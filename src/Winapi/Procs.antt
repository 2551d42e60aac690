-- ===== src/Winapi/Procs.antt =====
-- winapi/zwinapi_windows.go: each wrapper makes its call and turns the raw result into Go's error.
pub mod Results
use winsvc.Prelude.{ℕ, ◌%◌, Bool, not, List, ◌==◌, if◌then◌else◌}
use winsvc.Winapi.Constants.{einval}
use winsvc.Winapi.Types.{
  StringPtr, ServiceStatus, ServiceTableEntry, ServiceDescription, CreateServiceArgs,
  ChangeServiceConfigArgs, ReportEventArgs, RegCreateKeyExArgs, RegSetValueExArgs, AllocateSidArgs,
}
use winsvc.Winapi.System.{
  Call, Reply, Error, errno, M, return, fail, ◌>>=◌, Attempt, returned, failed, attempt, call,
}

-- `if e1 != 0 { err = error(e1) } else { err = syscall.EINVAL }`
unfoldable pub last_error : ℕ → Error
last_error e1 = if not (e1 == 0) then errno e1 else errno einval

-- The result is a handle, and 0 is failure.
unfoldable pub handle_result : Reply → M ℕ
unfolding last_error
handle_result r = if r.r0 == 0 then fail (last_error r.e1) else return r.r0

-- The result 0 is failure.
unfoldable pub check_nonzero : Reply → M (Unit {0})
unfolding last_error
check_nonzero r = if r.r0 == 0 then fail (last_error r.e1) else return tt

-- Any result but 0 is failure.
unfoldable pub check_zero : Reply → M (Unit {0})
unfolding last_error
check_zero r = if not (r.r0 == 0) then fail (last_error r.e1) else return tt

-- The result is itself the error number.
unfoldable pub check_errno : Reply → M (Unit {0})
check_errno r = if not (r.r0 == 0) then fail (errno r.r0) else return tt

-- A query also reports the size that it needs, whether it fails or not.
abbrev pub answer : Attempt (Unit {0}) → Reply → Attempt Reply
answer (returned _) r = returned r
answer (failed e) r = failed e

unfoldable pub create_event :
    (event_attrs manual_reset initial_state : ℕ) → (name : StringPtr) → M ℕ
unfolding handle_result
create_event event_attrs manual_reset initial_state name = do
  r ← call (Call.create_event event_attrs manual_reset initial_state name)
  handle_result r

unfoldable pub set_event : (event : ℕ) → M (Unit {0})
unfolding check_nonzero
set_event event = do r ← call (Call.set_event event); check_nonzero r

unfoldable pub register_event_source : (unc_server_name source_name : StringPtr) → M ℕ
unfolding handle_result
register_event_source unc_server_name source_name = do
  r ← call (Call.register_event_source unc_server_name source_name)
  handle_result r

unfoldable pub deregister_event_source : (handle : ℕ) → M (Unit {0})
unfolding check_nonzero
deregister_event_source handle = do r ← call (Call.deregister_event_source handle); check_nonzero r

unfoldable pub report_event : ReportEventArgs → M (Unit {0})
unfolding check_nonzero
report_event args = do r ← call (Call.report_event args); check_nonzero r

unfoldable pub reg_create_key_ex : RegCreateKeyExArgs → M (ℕ × ℕ)
unfolding check_errno
reg_create_key_ex args = do
  r ← call (Call.reg_create_key_ex args)
  _ ← check_errno r
  return (r.handle, r.dword)

unfoldable pub reg_delete_key : (key : ℕ) → (subkey : StringPtr) → M (Unit {0})
unfolding check_errno
reg_delete_key key subkey = do r ← call (Call.reg_delete_key key subkey); check_errno r

unfoldable pub reg_set_value_ex : RegSetValueExArgs → M (Unit {0})
unfolding check_errno
reg_set_value_ex args = do r ← call (Call.reg_set_value_ex args); check_errno r

unfoldable pub allocate_sid : AllocateSidArgs → M ℕ
unfolding check_nonzero
allocate_sid args = do r ← call (Call.allocate_sid args); _ ← check_nonzero r; return r.handle

unfoldable pub free_sid : (sid : ℕ) → M (Unit {0})
unfolding check_zero
free_sid sid = do r ← call (Call.free_sid sid); check_zero r

unfoldable pub equal_sid : (sid₁ sid₂ : ℕ) → M Bool
equal_sid sid₁ sid₂ = do r ← call (Call.equal_sid sid₁ sid₂); return (not (r.r0 == 0))

unfoldable pub open_sc_manager : (machine_name database_name : StringPtr) → (access : ℕ) → M ℕ
unfolding handle_result
open_sc_manager machine_name database_name access = do
  r ← call (Call.open_sc_manager machine_name database_name access)
  handle_result r

unfoldable pub close_service_handle : (handle : ℕ) → M (Unit {0})
unfolding check_nonzero
close_service_handle handle = do r ← call (Call.close_service_handle handle); check_nonzero r

unfoldable pub create_service : CreateServiceArgs → M ℕ
unfolding handle_result
create_service args = do r ← call (Call.create_service args); handle_result r

unfoldable pub open_service : (mgr : ℕ) → (service_name : StringPtr) → (access : ℕ) → M ℕ
unfolding handle_result
open_service mgr service_name access = do
  r ← call (Call.open_service mgr service_name access)
  handle_result r

unfoldable pub delete_service : (service : ℕ) → M (Unit {0})
unfolding check_nonzero
delete_service service = do r ← call (Call.delete_service service); check_nonzero r

unfoldable pub start_service :
    (service num_args : ℕ) → (arg_vectors : List StringPtr) → M (Unit {0})
unfolding check_nonzero
start_service service num_args arg_vectors = do
  r ← call (Call.start_service service num_args arg_vectors)
  check_nonzero r

unfoldable pub query_service_status : (service : ℕ) → M ServiceStatus
unfolding check_nonzero
query_service_status service = do
  r ← call (Call.query_service_status service)
  _ ← check_nonzero r
  return r.status

unfoldable pub control_service : (service control : ℕ) → M ServiceStatus
unfolding check_nonzero
control_service service control = do
  r ← call (Call.control_service service control)
  _ ← check_nonzero r
  return r.status

unfoldable pub start_service_ctrl_dispatcher : List ServiceTableEntry → M (Unit {0})
unfolding check_nonzero
start_service_ctrl_dispatcher service_table = do
  r ← call (Call.start_service_ctrl_dispatcher service_table)
  check_nonzero r

unfoldable pub set_service_status : (service : ℕ) → (service_status : ServiceStatus) → M (Unit {0})
unfolding check_nonzero
set_service_status service service_status = do
  r ← call (Call.set_service_status service service_status)
  check_nonzero r

unfoldable pub change_service_config : ChangeServiceConfigArgs → M (Unit {0})
unfolding check_nonzero
change_service_config args = do r ← call (Call.change_service_config args); check_nonzero r

unfoldable pub query_service_config : (service buf_size : ℕ) → M (Attempt Reply × ℕ)
unfolding check_nonzero
query_service_config service buf_size = do
  r ← call (Call.query_service_config service buf_size)
  checked ← attempt (check_nonzero r)
  return (answer checked r, r.dword)

unfoldable pub change_service_config2 :
    (service info_level : ℕ) → (info : ServiceDescription) → M (Unit {0})
unfolding check_nonzero
change_service_config2 service info_level info = do
  r ← call (Call.change_service_config2 service info_level info)
  check_nonzero r

unfoldable pub query_service_config2 : (service info_level buff_size : ℕ) → M (Attempt Reply × ℕ)
unfolding check_nonzero
query_service_config2 service info_level buff_size = do
  r ← call (Call.query_service_config2 service info_level buff_size)
  checked ← attempt (check_nonzero r)
  return (answer checked r, r.dword)

unfoldable pub get_current_thread_id : M ℕ
get_current_thread_id = do r ← call Call.get_current_thread_id; return (r.r0 % 0x100000000)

WORK TO COMPLETE: Since only a number is wanted, report how many lines of the listing include the word "sid₂".

RESPONSE AREA: 2